Autoimmune diseases are a significant burden for the quality of life and health care cost. Despite intense research efforts, the mechanisms underlying the development of autoimmune diseases are still largely obscure. This obvious ignorance explains why the current treatment of these chronic diseases remains inadequate and is associated with severe side effects. Here we propose an original and new approach to tackle this problem.Our approach is mainly based on the major biological function of the thymus, i.e. to ensure the generation of a diverse repertoire of T cell receptors that are self-tolerant.The thymus achieves this goal by using two complementary mechanisms: a) apoptotic deletion and developmental arrest of T cells bearing a receptor (TCR) with high affinity for self-antigens presented by major histocompatibility complex (MHC) proteins expressed by thymic epithelial and dendritic cells, and b) generation of self-antigen specific regulatory T cells. The escape from central self-tolerance now appears to play a prominent role in the development of autoimmune diseases.

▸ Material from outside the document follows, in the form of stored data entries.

-- ===== src/Sidebar/Consistency/Joins.antt =====
-- Consistent sessions under `insert_item_by_creating_or_joining_room`, `handle_received_message` and
-- `join_room_identified_by_bookmark_if_needed` (sidebar_domain_service.rs).
use prose_core_client.Base.{ℕ, Option, none, some, true, false, inl, inr, Bool-cases, string_eq}
use prose_core_client.Shared.Ids.{BareJid, RoomId, ParticipantId, room_bare_jid}
use prose_core_client.Rooms.RoomModels.{RoomSidebarState, Bookmark, BookmarkType, is_in_sidebar}
use prose_core_client.Rooms.RoomError.{RoomError}
use prose_core_client.Rooms.ConnectedRooms.{get}
use prose_core_client.Rooms.Room.{
  Room, room_id, Session, details_of, set_sidebar_state, set_needs_update_statistics, dispatch,
}
use prose_core_client.Rooms.Service.Requests.{CreateOrEnterRoomRequest, JoinRoomBehavior}
use prose_core_client.Rooms.Service.Enter.{create_or_join_room}
use prose_core_client.Rooms.Service.Consistent.{
  Consistent, Keeps, continue-Consistent, match-Consistent,
}
use prose_core_client.Rooms.Service.Consistent.Entering.{create_or_join_room-Consistent}
use prose_core_client.Sidebar.{SidebarServices, sidebar_changed, save_bookmark_for_room}
use prose_core_client.Sidebar.Joins.{
  show, finish_item, show_existing, on_insert_error, insert_item_by_creating_or_joining_room,
  room_or_join, room_of_message, shows_up, show_and_save, receive_in, handle_received_message,
  needs_join, join_muc, join_of_type, join_room_identified_by_bookmark_if_needed,
}
use prose_core_client.Sidebar.Consistency.{
  SidebarKeeping, save_bookmark-Consistent, try_get_room-Consistent,
}

module _ (c : SidebarServices) (keep : SidebarKeeping c) (fuel : ℕ) where
  show-Consistent : (room : Room) (s : Session) → Consistent s → Consistent (show c fuel room s)
  unfolding show set_sidebar_state
  show-Consistent room s h = elim (Bool-cases (is_in_sidebar (details_of room s).sidebar_state)) [
    | inl shown ↦ rw (show, shown) h
    | inr hidden ↦ rw (show, hidden) h
  ]

  finish_item-Consistent : (room : Room) → Keeps (finish_item c fuel room)
  unfolding finish_item sidebar_changed dispatch
  finish_item-Consistent room s h =
      continue-Consistent (save_bookmark_for_room c room (show c fuel room s)) _
        (save_bookmark-Consistent c keep room (show c fuel room s) (show-Consistent room s h))
        (λ u s1 h1. h1)

  show_existing-Consistent :
      (id : RoomId) (room : Option Room) → Keeps (show_existing c fuel id room)
  unfolding show_existing set_sidebar_state
  show_existing-Consistent id none s h = h
  show_existing-Consistent id (some room) s h =
      elim (Bool-cases (is_in_sidebar (details_of room s).sidebar_state)) [
        | inl shown ↦ rw (show_existing, shown) h
        | inr hidden ↦
            rw (show_existing, hidden)
              (finish_item-Consistent room (set_sidebar_state room RoomSidebarState.in_sidebar s) h)
      ]

  on_insert_error-Consistent : (error : RoomError) → Keeps (on_insert_error c fuel error)
  unfolding on_insert_error
  on_insert_error-Consistent (RoomError.room_is_already_connected id) s h =
      continue-Consistent (c.rooms.connected_account s) _ (keep.rooms.connected_account s h)
        (λ account s1. show_existing-Consistent id (get room_id (room_bare_jid id) s1.connected) s1)
  on_insert_error-Consistent _ s h = h

  pub insert_item-Consistent :
      (request : CreateOrEnterRoomRequest)
      → Keeps (insert_item_by_creating_or_joining_room c fuel request)
  unfolding insert_item_by_creating_or_joining_room
  insert_item-Consistent request s h =
      match-Consistent (create_or_join_room c.rooms fuel request RoomSidebarState.in_sidebar s) _ _
        (create_or_join_room-Consistent c.rooms fuel request RoomSidebarState.in_sidebar s
          keep.rooms h)
        finish_item-Consistent on_insert_error-Consistent

  room_or_join-Consistent :
      (id : BareJid) (room : Option Room) → Keeps (room_or_join c fuel id room)
  unfolding room_or_join
  room_or_join-Consistent id (some room) s h = h
  room_or_join-Consistent id none s h =
      create_or_join_room-Consistent c.rooms fuel
        (CreateOrEnterRoomRequest.join_direct_message id false) RoomSidebarState.not_in_sidebar s
        keep.rooms h

  room_of_message-Consistent :
      (id : RoomId) (from : ParticipantId) → Keeps (room_of_message c fuel id from)
  unfolding room_of_message
  room_of_message-Consistent id (ParticipantId.occupant from) s h =
      try_get_room-Consistent c keep (room_bare_jid id) s h
  room_of_message-Consistent id (ParticipantId.user from) s h =
      room_or_join-Consistent (room_bare_jid id) (get room_id (room_bare_jid id) s.connected) s h

  show_and_save-Consistent : (room : Room) → Keeps (show_and_save c fuel room)
  unfolding show_and_save set_sidebar_state
  show_and_save-Consistent room s h =
      elim (Bool-cases (is_in_sidebar (details_of room s).sidebar_state)) [
        | inl shown ↦ rw (show_and_save, shown) h
        | inr hidden ↦
            rw (show_and_save, hidden)
              (save_bookmark-Consistent c keep room
                (set_sidebar_state room RoomSidebarState.in_sidebar s) h)
      ]

  receive_in-Consistent : (room : Room) → Keeps (receive_in c fuel room)
  unfolding receive_in sidebar_changed dispatch
  receive_in-Consistent room s h = elim (Bool-cases (shows_up c fuel room.info.type)) [
    | inl shows ↦
        rw (receive_in, shows)
          (continue-Consistent (show_and_save c fuel room s) _ (show_and_save-Consistent room s h)
            (λ u s1 h1. h1))
    | inr hidden ↦ rw (receive_in, hidden) h
  ]

  pub handle_received_message-Consistent :
      (id : RoomId) (from : ParticipantId) → Keeps (handle_received_message c fuel id from)
  unfolding handle_received_message set_needs_update_statistics
  handle_received_message-Consistent id from s h =
      continue-Consistent (c.rooms.connected_account s) _ (keep.rooms.connected_account s h)
        (λ account s1 h1.
          continue-Consistent (room_of_message c fuel id from s1) _
            (room_of_message-Consistent id from s1 h1)
            (λ room s2 h2. receive_in-Consistent room (set_needs_update_statistics room s2) h2))

  join_muc-Consistent :
      (id : RoomId) (state : RoomSidebarState) (behavior : JoinRoomBehavior)
      → Keeps (join_muc c fuel id state behavior)
  unfolding join_muc
  join_muc-Consistent (RoomId.user id) state behavior s h = h
  join_muc-Consistent (RoomId.muc id) state behavior s h =
      let request = CreateOrEnterRoomRequest.join_room id none behavior true in
      continue-Consistent (create_or_join_room c.rooms fuel request state s) _
        (create_or_join_room-Consistent c.rooms fuel request state s keep.rooms h)
        (λ room s1 h1. h1)

  join_of_type-Consistent :
      (type : BookmarkType) (b : Bookmark) (behavior : JoinRoomBehavior)
      → Keeps (join_of_type c fuel type b behavior)
  unfolding join_of_type
  join_of_type-Consistent BookmarkType.direct_message b behavior s h =
      let request = CreateOrEnterRoomRequest.join_direct_message (room_bare_jid b.jid) true in
      continue-Consistent (create_or_join_room c.rooms fuel request b.sidebar_state s) _
        (create_or_join_room-Consistent c.rooms fuel request b.sidebar_state s keep.rooms h)
        (λ room s1 h1. h1)
  join_of_type-Consistent BookmarkType.group b behavior s h =
      join_muc-Consistent b.jid b.sidebar_state behavior s h
  join_of_type-Consistent BookmarkType.private_channel b behavior s h =
      join_muc-Consistent b.jid b.sidebar_state behavior s h
  join_of_type-Consistent BookmarkType.public_channel b behavior s h =
      join_muc-Consistent b.jid b.sidebar_state behavior s h
  join_of_type-Consistent BookmarkType.generic b behavior s h =
      join_muc-Consistent b.jid b.sidebar_state behavior s h

  pub join_if_needed-Consistent :
      (b : Bookmark) (behavior : JoinRoomBehavior)
      → Keeps (join_room_identified_by_bookmark_if_needed c fuel b behavior)
  unfolding join_room_identified_by_bookmark_if_needed
  join_if_needed-Consistent b behavior s h =
      elim (Bool-cases (needs_join c fuel b.type b.sidebar_state)) [
        | inl needed ↦
            rw (join_room_identified_by_bookmark_if_needed, needed)
              (join_of_type-Consistent b.type b behavior s h)
        | inr idle ↦ rw (join_room_identified_by_bookmark_if_needed, idle) h
      ]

Six workpackages will achieve the objectives of this proposal:
1. Intrathymic promiscuous gene expression and self-peptide tolerogenic therapy.
2. Preclinical studies of the autoimmune regulator (AIRE) in gene therapy.
3. Interest of anti-Coxsackievirus B4 vaccination for prevention of type 1 diabetes.
4. Exploration of a new T cell pathway governing autoimmunity and allergy.
5. Development, function and therapeutic utility of regulatory T cells in autoimmune diseases and asthma.
6. Evaluation of thymic epithelial stem cell therapeutic potential.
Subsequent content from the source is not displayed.